> _Records to process_:

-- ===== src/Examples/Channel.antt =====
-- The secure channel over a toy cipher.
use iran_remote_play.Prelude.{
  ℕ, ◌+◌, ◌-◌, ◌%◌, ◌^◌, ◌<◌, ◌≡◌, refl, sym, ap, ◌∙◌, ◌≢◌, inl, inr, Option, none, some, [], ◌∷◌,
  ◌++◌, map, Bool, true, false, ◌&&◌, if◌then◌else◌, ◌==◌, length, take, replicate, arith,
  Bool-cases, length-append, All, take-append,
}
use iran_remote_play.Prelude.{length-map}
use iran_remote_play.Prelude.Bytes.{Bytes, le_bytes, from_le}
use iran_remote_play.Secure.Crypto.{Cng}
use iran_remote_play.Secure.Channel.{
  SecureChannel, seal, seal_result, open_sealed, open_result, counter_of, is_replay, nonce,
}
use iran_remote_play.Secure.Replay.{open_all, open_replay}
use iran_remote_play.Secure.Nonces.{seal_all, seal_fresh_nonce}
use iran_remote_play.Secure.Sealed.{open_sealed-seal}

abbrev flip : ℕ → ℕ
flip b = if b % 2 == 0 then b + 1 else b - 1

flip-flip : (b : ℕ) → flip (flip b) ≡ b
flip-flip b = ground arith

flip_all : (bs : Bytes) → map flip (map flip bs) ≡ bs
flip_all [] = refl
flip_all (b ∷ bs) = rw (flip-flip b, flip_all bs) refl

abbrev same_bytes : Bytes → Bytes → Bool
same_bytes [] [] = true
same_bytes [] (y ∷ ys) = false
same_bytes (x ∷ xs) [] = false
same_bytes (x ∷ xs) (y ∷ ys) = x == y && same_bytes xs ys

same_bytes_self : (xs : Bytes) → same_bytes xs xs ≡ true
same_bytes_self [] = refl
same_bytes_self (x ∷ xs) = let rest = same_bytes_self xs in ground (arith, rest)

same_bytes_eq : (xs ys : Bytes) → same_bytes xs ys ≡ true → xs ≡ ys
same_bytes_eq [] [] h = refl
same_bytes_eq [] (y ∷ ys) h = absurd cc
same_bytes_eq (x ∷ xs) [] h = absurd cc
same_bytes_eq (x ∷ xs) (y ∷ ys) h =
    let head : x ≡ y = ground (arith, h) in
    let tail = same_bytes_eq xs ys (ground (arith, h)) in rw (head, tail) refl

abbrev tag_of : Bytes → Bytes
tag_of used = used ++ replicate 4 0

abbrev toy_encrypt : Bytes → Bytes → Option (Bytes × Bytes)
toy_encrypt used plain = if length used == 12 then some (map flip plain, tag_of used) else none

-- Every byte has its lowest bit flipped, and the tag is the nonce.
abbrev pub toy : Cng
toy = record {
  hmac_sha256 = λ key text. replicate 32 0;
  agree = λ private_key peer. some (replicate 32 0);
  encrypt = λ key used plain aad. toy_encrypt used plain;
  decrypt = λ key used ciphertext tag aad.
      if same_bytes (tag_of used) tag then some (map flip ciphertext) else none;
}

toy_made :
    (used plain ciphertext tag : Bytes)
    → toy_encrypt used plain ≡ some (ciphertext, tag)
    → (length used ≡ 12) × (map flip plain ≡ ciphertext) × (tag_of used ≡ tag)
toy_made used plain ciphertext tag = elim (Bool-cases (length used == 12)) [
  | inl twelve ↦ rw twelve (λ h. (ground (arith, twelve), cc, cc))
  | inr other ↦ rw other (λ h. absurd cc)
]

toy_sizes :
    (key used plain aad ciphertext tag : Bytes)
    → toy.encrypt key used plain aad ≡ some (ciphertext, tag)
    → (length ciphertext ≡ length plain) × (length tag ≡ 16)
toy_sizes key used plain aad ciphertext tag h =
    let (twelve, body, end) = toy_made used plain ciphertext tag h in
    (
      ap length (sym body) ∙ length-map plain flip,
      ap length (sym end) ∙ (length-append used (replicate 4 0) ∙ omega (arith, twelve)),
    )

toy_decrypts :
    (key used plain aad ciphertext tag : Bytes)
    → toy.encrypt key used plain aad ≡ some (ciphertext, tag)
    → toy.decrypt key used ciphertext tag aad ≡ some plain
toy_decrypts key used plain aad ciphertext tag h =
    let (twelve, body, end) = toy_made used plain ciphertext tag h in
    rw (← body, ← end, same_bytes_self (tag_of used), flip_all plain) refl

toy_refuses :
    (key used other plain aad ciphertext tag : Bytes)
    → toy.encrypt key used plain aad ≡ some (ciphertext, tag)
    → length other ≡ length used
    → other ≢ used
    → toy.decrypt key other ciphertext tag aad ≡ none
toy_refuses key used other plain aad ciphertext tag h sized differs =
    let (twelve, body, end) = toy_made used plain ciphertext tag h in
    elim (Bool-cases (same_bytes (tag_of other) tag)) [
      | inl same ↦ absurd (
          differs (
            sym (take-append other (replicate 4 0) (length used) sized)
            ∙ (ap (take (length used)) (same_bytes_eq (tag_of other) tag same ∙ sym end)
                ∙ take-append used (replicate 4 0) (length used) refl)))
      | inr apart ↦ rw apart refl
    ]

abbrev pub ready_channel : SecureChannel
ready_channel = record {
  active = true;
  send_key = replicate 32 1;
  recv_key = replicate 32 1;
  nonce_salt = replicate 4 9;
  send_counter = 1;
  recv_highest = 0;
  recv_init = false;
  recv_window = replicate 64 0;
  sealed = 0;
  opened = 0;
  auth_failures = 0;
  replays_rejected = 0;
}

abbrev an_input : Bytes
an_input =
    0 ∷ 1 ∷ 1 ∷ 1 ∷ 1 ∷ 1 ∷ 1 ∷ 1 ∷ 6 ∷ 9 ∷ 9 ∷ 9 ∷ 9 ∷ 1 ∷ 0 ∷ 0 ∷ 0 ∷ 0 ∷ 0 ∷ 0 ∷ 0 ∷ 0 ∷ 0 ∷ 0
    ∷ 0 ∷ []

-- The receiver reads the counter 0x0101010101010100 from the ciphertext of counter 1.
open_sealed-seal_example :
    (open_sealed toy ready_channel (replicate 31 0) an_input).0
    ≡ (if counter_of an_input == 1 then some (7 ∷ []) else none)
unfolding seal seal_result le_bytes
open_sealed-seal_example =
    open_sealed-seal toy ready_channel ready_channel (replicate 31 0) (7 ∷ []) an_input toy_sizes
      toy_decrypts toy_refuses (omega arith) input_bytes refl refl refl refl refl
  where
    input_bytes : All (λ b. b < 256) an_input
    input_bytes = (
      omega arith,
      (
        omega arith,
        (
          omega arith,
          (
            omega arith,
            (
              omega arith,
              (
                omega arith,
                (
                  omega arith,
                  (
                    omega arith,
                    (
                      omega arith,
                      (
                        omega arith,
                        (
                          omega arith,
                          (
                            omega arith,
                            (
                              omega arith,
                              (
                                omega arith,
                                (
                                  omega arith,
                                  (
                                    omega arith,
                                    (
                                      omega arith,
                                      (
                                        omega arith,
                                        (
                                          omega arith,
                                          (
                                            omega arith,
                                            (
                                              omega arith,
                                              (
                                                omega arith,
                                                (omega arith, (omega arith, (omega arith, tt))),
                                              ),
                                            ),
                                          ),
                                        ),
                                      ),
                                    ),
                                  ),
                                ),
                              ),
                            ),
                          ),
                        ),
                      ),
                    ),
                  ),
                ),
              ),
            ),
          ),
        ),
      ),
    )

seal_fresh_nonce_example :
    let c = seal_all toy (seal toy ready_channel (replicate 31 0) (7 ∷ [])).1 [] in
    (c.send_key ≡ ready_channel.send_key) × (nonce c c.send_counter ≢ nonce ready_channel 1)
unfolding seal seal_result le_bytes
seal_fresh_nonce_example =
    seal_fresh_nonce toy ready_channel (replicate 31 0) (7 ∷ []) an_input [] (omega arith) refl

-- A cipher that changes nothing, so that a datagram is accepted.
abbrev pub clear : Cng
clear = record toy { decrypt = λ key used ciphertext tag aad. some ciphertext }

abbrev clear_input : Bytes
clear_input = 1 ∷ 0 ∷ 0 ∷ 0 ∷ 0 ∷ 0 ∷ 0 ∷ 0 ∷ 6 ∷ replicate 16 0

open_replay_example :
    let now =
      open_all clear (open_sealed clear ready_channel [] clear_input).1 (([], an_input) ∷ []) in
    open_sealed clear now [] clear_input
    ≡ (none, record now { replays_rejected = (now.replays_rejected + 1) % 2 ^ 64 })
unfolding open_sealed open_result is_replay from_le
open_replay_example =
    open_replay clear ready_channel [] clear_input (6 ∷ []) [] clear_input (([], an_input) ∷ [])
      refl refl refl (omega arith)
...
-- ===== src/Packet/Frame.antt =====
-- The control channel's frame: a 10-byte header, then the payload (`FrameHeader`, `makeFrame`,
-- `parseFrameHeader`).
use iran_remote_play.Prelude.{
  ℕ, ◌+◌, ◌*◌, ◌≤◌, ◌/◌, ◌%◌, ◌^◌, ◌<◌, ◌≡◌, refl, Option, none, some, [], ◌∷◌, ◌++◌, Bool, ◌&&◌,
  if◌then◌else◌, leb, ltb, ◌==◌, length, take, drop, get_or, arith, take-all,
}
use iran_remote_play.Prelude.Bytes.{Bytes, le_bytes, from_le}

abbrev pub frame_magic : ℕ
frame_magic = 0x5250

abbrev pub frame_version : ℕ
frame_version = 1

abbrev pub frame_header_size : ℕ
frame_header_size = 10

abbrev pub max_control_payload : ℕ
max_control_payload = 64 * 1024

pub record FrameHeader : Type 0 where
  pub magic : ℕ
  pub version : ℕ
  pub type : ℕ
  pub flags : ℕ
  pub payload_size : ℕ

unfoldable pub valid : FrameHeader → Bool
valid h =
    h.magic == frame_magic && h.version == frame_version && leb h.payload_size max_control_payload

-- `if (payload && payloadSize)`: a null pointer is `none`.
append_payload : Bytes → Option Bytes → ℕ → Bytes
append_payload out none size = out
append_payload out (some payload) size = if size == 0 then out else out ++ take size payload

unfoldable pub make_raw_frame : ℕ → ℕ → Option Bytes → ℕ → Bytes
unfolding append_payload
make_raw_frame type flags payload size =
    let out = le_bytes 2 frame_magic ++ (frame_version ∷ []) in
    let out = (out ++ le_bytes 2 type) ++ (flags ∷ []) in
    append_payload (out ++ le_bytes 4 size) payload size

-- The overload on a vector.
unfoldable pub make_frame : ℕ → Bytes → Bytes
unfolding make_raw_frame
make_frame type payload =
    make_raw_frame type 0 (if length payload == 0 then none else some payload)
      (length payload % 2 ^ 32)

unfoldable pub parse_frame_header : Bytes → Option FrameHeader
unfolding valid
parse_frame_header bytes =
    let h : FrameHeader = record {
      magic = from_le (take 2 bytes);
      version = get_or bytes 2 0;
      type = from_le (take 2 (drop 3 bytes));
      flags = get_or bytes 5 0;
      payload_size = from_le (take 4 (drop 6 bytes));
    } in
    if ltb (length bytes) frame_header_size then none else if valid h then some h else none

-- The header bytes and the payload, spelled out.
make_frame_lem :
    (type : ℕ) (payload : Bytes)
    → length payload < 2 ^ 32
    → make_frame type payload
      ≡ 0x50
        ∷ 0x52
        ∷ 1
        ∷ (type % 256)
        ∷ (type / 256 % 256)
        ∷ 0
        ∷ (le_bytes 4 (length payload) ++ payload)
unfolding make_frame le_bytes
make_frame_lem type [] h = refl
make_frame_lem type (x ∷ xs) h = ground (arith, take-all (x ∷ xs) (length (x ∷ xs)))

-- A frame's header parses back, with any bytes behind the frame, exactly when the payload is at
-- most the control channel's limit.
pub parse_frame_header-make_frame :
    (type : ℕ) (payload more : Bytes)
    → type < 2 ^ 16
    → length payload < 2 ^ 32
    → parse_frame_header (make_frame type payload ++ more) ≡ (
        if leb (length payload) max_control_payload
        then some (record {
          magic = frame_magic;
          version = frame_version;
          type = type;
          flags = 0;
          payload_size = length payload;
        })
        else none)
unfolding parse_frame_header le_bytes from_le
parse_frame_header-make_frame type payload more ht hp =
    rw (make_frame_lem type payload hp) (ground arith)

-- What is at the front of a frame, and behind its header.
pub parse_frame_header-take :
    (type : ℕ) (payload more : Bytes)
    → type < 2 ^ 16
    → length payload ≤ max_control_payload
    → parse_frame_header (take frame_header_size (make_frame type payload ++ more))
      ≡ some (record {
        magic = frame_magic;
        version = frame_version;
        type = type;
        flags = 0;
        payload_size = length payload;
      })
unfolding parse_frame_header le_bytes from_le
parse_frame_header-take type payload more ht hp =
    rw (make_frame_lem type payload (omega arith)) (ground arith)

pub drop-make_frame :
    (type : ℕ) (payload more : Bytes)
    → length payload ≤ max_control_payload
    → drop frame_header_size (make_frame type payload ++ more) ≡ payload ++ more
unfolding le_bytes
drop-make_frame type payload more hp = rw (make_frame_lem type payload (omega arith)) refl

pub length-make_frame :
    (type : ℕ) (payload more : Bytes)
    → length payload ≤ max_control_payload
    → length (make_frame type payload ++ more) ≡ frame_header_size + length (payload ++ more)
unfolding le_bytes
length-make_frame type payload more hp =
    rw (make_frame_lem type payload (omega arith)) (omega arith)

> _How to complete this task_:
Among the records above, find each line containing the string "more" and copy it.

> _Response below_:
    (type : ℕ) (payload more : Bytes)
    → parse_frame_header (make_frame type payload ++ more) ≡ (
parse_frame_header-make_frame type payload more ht hp =
    (type : ℕ) (payload more : Bytes)
    → parse_frame_header (take frame_header_size (make_frame type payload ++ more))
parse_frame_header-take type payload more ht hp =
    (type : ℕ) (payload more : Bytes)
    → drop frame_header_size (make_frame type payload ++ more) ≡ payload ++ more
drop-make_frame type payload more hp = rw (make_frame_lem type payload (omega arith)) refl
    (type : ℕ) (payload more : Bytes)
    → length (make_frame type payload ++ more) ≡ frame_header_size + length (payload ++ more)
length-make_frame type payload more hp =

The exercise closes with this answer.